The processor means may be provided with a power saving feature. According to one embodiment, it may have, for example, Power Saving Modes (LPM), which can interrupt the processor when it is not needed. In this case it consumes very little, if any, power. For FRAM-type memory, the operating voltage is adapted to be, for example, 0.5 to 4 volts, more particularly 1-2 volts, but still well below 10 volts, which is a typical voltage requirement for, for example, FLASH memory.
The measuring apparatus 30 may also include a display controller 23 which controls the display based on information received from the processor 21 '. The graphics card 23 may also be embedded in the processor circuit.
The measuring apparatus 30 also includes a power supply 17 for the output device 14 and the measuring means 15. From the power source 17, the devices and instruments included in the metering apparatus 30 receive their supply electricity when required. The power source 17 may be, for example, a battery 17.1, an energy harvester 17.2 capable of generating energy from, for example, electromagnetic waves, vibration, light or heat.
Preferably, however, the power supply for the output device 14 and the measuring means is a local, self-powered power supply.
In this case, the monitoring object 20.1, 20.2 may be operating for most of its time 10 without a fixed mains supply. The power supply 17 may be dimensioned, for example, so as to withstand the duration of the measurement or the life of the measuring apparatus 30, such as 0.5 to 3 years. One of the criteria for the duration of the measurement or the life of the measuring apparatus 30 may also be the filling time of the memory 16.
Figure 3 illustrates in principle an output device 14 and a stamp 12 thereon. The output device 14 represents a dynamic visual graphic element 12, such as QR code 24. The QR code 24 may be displayed at all times or may be displayed only when required or upon request. In addition, the output device 14 can display, for example, a current measurement value 25, which may be updated from time to time. The data 25 and the measurement data 19 may be, for example, temperature, humidity, acceleration, carbon dioxide, any electrical quantity or any other quantity to be measured, or a minimum, maximum, average or other historical value or result of a measured quantity.
The output device 14 may further display, for example, a warning sign 26 therein, the expression of which may be programmed into the measuring apparatus 30. The warning sign may be displayed, for example, if the temperature or sum of the temperature overruns exceeds a specified threshold.
According to one embodiment, the sensing means 27 is arranged in connection with the measuring means 15, adapted to detect a request transmitted by the reading device 13 to retrieve the measuring data 19 from the measuring means 15. To this end, the body 14 of the output device 14 may have an aperture behind the sensor 27 required to awaken the output device 14. the magnetometer, where it can be deeper, enables the reader device 13.1, such as a smart phone, to communicate, now more specifically to control the output device 14 and thus also the measuring means 15. This enables the telephone to for example notify the output device 14 of the need to update code 24 or the embodiment will return to the description in a slightly more natural paragraph below.
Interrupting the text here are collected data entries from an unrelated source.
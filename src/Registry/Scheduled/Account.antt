-- ===== src/Registry/Scheduled/Account.antt =====
-- The registry of scheduled work under every sequence of calls and timers.
use symphonika.Base.{
  ℕ, suc, ◌+◌, true, Option, none, some, List, [], ◌∷◌, ◌≡◌, refl, arith, inl, inr,
}
use symphonika.Base.Tests.{Option-cases}
use symphonika.Base.Lists.{length, length-append}
use symphonika.Registry.Scheduled.{
  ScheduledWorkInput, Registry, empty, Outcome, accepted, refused, already_scheduled,
  schedule_delayed, find_timer, timer_fired, cancel_all,
}
use symphonika.Registry.Scheduled.Timers.{
  IsPaired, new_timer, schedule_delayed-IsPaired, timer_fired_idle, timer_fired_armed,
  fired-IsPaired, armed-schedule_delayed, cancel_all_clears, length-disarm, length-Paired,
}

-- What can happen: a call at a time, a timer that goes off, and the shutdown.
pub data Event : Type 0 where
  schedule : ℕ → ScheduledWorkInput → Event
  elapse : ℕ → Event
  stop : Event

-- The registry, with how many items it accepted, fired and cleared so far.
pub record History : Type 0 where
  pub registry : Registry
  pub taken : ℕ
  pub fired : ℕ
  pub cleared : ℕ

abbrev pub begin : History
begin = record { registry = empty; taken = 0; fired = 0; cleared = 0 }

abbrev admit : History → Outcome → History
admit h refused = h
admit h (accepted s) = record h { registry = s; taken = suc h.taken }
admit h (already_scheduled k) = h

abbrev settle : History → Registry × Option ℕ → History
settle h (s, none) = record h { registry = s }
settle h (s, some callback) = record h { registry = s; fired = suc h.fired }

unfoldable pub step : History → Event → History
step h (schedule now input) = admit h (schedule_delayed h.registry now input)
step h (elapse t) = settle h (timer_fired h.registry t)
step h stop = record h {
  registry = (cancel_all h.registry).0;
  cleared = h.cleared + length h.registry.armed;
}

unfoldable pub run : History → List Event → History
run h [] = h
run h (e ∷ es) = run (step h e) es

pub record IsBalanced (h : History) : Type 0 where
  pub paired : IsPaired h.registry
  pub balance : h.taken ≡ h.fired + h.cleared + length h.registry.armed

admit-IsBalanced :
    (h : History) (o : Outcome) (now : ℕ) (input : ScheduledWorkInput)
    → IsBalanced h
    → schedule_delayed h.registry now input ≡ o
    → IsBalanced (admit h o)
admit-IsBalanced h refused now input v e = v
admit-IsBalanced h (already_scheduled k) now input v e = v
admit-IsBalanced h (accepted s) now input v e = record {
  paired = schedule_delayed-IsPaired h.registry s now input v.paired e;
  balance =
      rw (armed-schedule_delayed h.registry s now input e) (
        omega (arith, length-append h.registry.armed (new_timer h.registry input ∷ []), v.balance));
}

elapse-IsBalanced :
    (h : History) (t : ℕ) → IsBalanced h → IsBalanced (settle h (timer_fired h.registry t))
elapse-IsBalanced h t v = elim (Option-cases (find_timer t h.registry.armed)) [
  | inl e ↦ rw (timer_fired_idle h.registry t e) v
  | inr (x, e) ↦ rw (timer_fired_armed h.registry t x v.paired e) (record {
    paired = fired-IsPaired h.registry t x v.paired e;
    balance = omega (
      arith,
      v.balance,
      length-disarm h.registry.scheduled h.registry.armed t x v.paired.paired e,
    );
  })
]

step-IsBalanced : (h : History) (e : Event) → IsBalanced h → IsBalanced (step h e)
unfolding step
step-IsBalanced h (schedule now input) v =
    admit-IsBalanced h (schedule_delayed h.registry now input) now input v refl
step-IsBalanced h (elapse t) v = elapse-IsBalanced h t v
step-IsBalanced h stop v =
    let (none_left, quiet) = cancel_all_clears h.registry v.paired in
    record {
      paired = record { paired = rw (none_left, quiet) tt; below = rw quiet tt };
      balance = rw quiet (omega (arith, v.balance));
    }

run-IsBalanced : (h : History) (es : List Event) → IsBalanced h → IsBalanced (run h es)
unfolding run
run-IsBalanced h [] v = v
run-IsBalanced h (e ∷ es) v = run-IsBalanced (step h e) es (step-IsBalanced h e v)

begin-IsBalanced : IsBalanced begin
begin-IsBalanced = record { paired = record { paired = tt; below = tt }; balance = refl }

-- Over every sequence of calls, timers and shutdowns, the items accepted so far are as many as those
-- that fired, those that were cleared and those that are still scheduled, together.
pub accepted_accounted :
    (es : List Event)
    → let h = run begin es in h.taken ≡ h.fired + h.cleared + length h.registry.scheduled
accepted_accounted es =
    let v = run-IsBalanced begin es begin-IsBalanced in
    rw (length-Paired _ _ v.paired.paired) v.balance

-- Shut down and empty, as `cancelAll` leaves it.
record IsStopped (h k : History) : Type 0 where
  latched : k.registry.cancelled ≡ true
  idle : k.registry.scheduled ≡ []
  quiet : k.registry.armed ≡ []
  same_taken : k.taken ≡ h.taken
  same_fired : k.fired ≡ h.fired

step-IsStopped : (h k : History) (e : Event) → IsStopped h k → IsStopped h (step k e)
unfolding step schedule_delayed timer_fired cancel_all
step-IsStopped h k (schedule now input) v = simp v.latched v
step-IsStopped h k (elapse t) v = rw (timer_fired_idle k.registry t (rw v.quiet)) v
step-IsStopped h k stop v = record {
  latched = refl;
  idle = refl;
  quiet = rw v.idle v.quiet;
  same_taken = v.same_taken;
  same_fired = v.same_fired;
}

run-IsStopped : (h k : History) (es : List Event) → IsStopped h k → IsStopped h (run k es)
unfolding run
run-IsStopped h k [] v = v
run-IsStopped h k (e ∷ es) v = run-IsStopped h (step k e) es (step-IsStopped h k e v)

stop-IsStopped : (h : History) → IsPaired h.registry → IsStopped h (step h stop)
unfolding step cancel_all
stop-IsStopped h v = record {
  latched = refl;
  idle = refl;
  quiet = (cancel_all_clears h.registry v).1;
  same_taken = refl;
  same_fired = refl;
}

-- After the shutdown of any history, whatever is called and whichever timer goes off: nothing is
-- scheduled, no timer is armed, no further item is accepted and no callback is fired.
pub stopped_for_good :
    (es ds : List Event)
    → let h = run begin es in
      let k = run (step h stop) ds in
      (k.registry.scheduled ≡ [])
      × (k.registry.armed ≡ [])
      × (k.taken ≡ h.taken)
      × (k.fired ≡ h.fired)
stopped_for_good es ds =
    let h = run begin es in
    let v =
      run-IsStopped h (step h stop) ds
        (stop-IsStopped h (run-IsBalanced begin es begin-IsBalanced).paired) in
    (v.idle, v.quiet, v.same_taken, v.same_fired)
Figure 4 illustrates a flow diagram of the operation of a system according to the invention when it is desired to send measurement data 19 from a monitoring object 20.1 to a server arrangement 11. As a step
401 examines whether the visual visible code 24 provided by the output device 14 is readable by the reader device 13.1. If it is unreadable, for example, it is not visible, then its wake-up steps 402 to 405 are performed.
402 examines whether an automatic excitation is possible. If possible, in step 404 the reader device 13.1 sends an excitation to the output device 14, resulting in step 405 to display a readable code 24. If the automatic excitation is not possible in step 402, then in step 403 the human is triggered by pressing the button on the output device 14. Again, as a result, in step 405, the output device 14 displays the code.
If the code was readable at step 401, and also as a result of the excitation procedure, the read device 13.1 reads the code 24 as step 406. If the server system 11, after receiving the read code 13 from the read device 13.1, determines in step 407 that additional data is required from the measuring means 15. .
In step 408, the data is transmitted by the reader device 13.1 to the server system 11. In step 409, the server system 11 and / or the reader device 13.1 can examine the read and / or transmitted information for additional data, e.g. If necessary, return to step 401 again.
Figure 5, in turn, shows a sequence diagram between the different parts of the system in parallel timelines. Figure 5 illustrates the steps for performing a single status update procedure. As step 501, it is determined that the output device 14 has an optical reader code 13.1 that can be read by the camera at all times. Thus, the reader device 13.1 can read the code 24 at any time without the need to wake / inform the output device 14 in advance.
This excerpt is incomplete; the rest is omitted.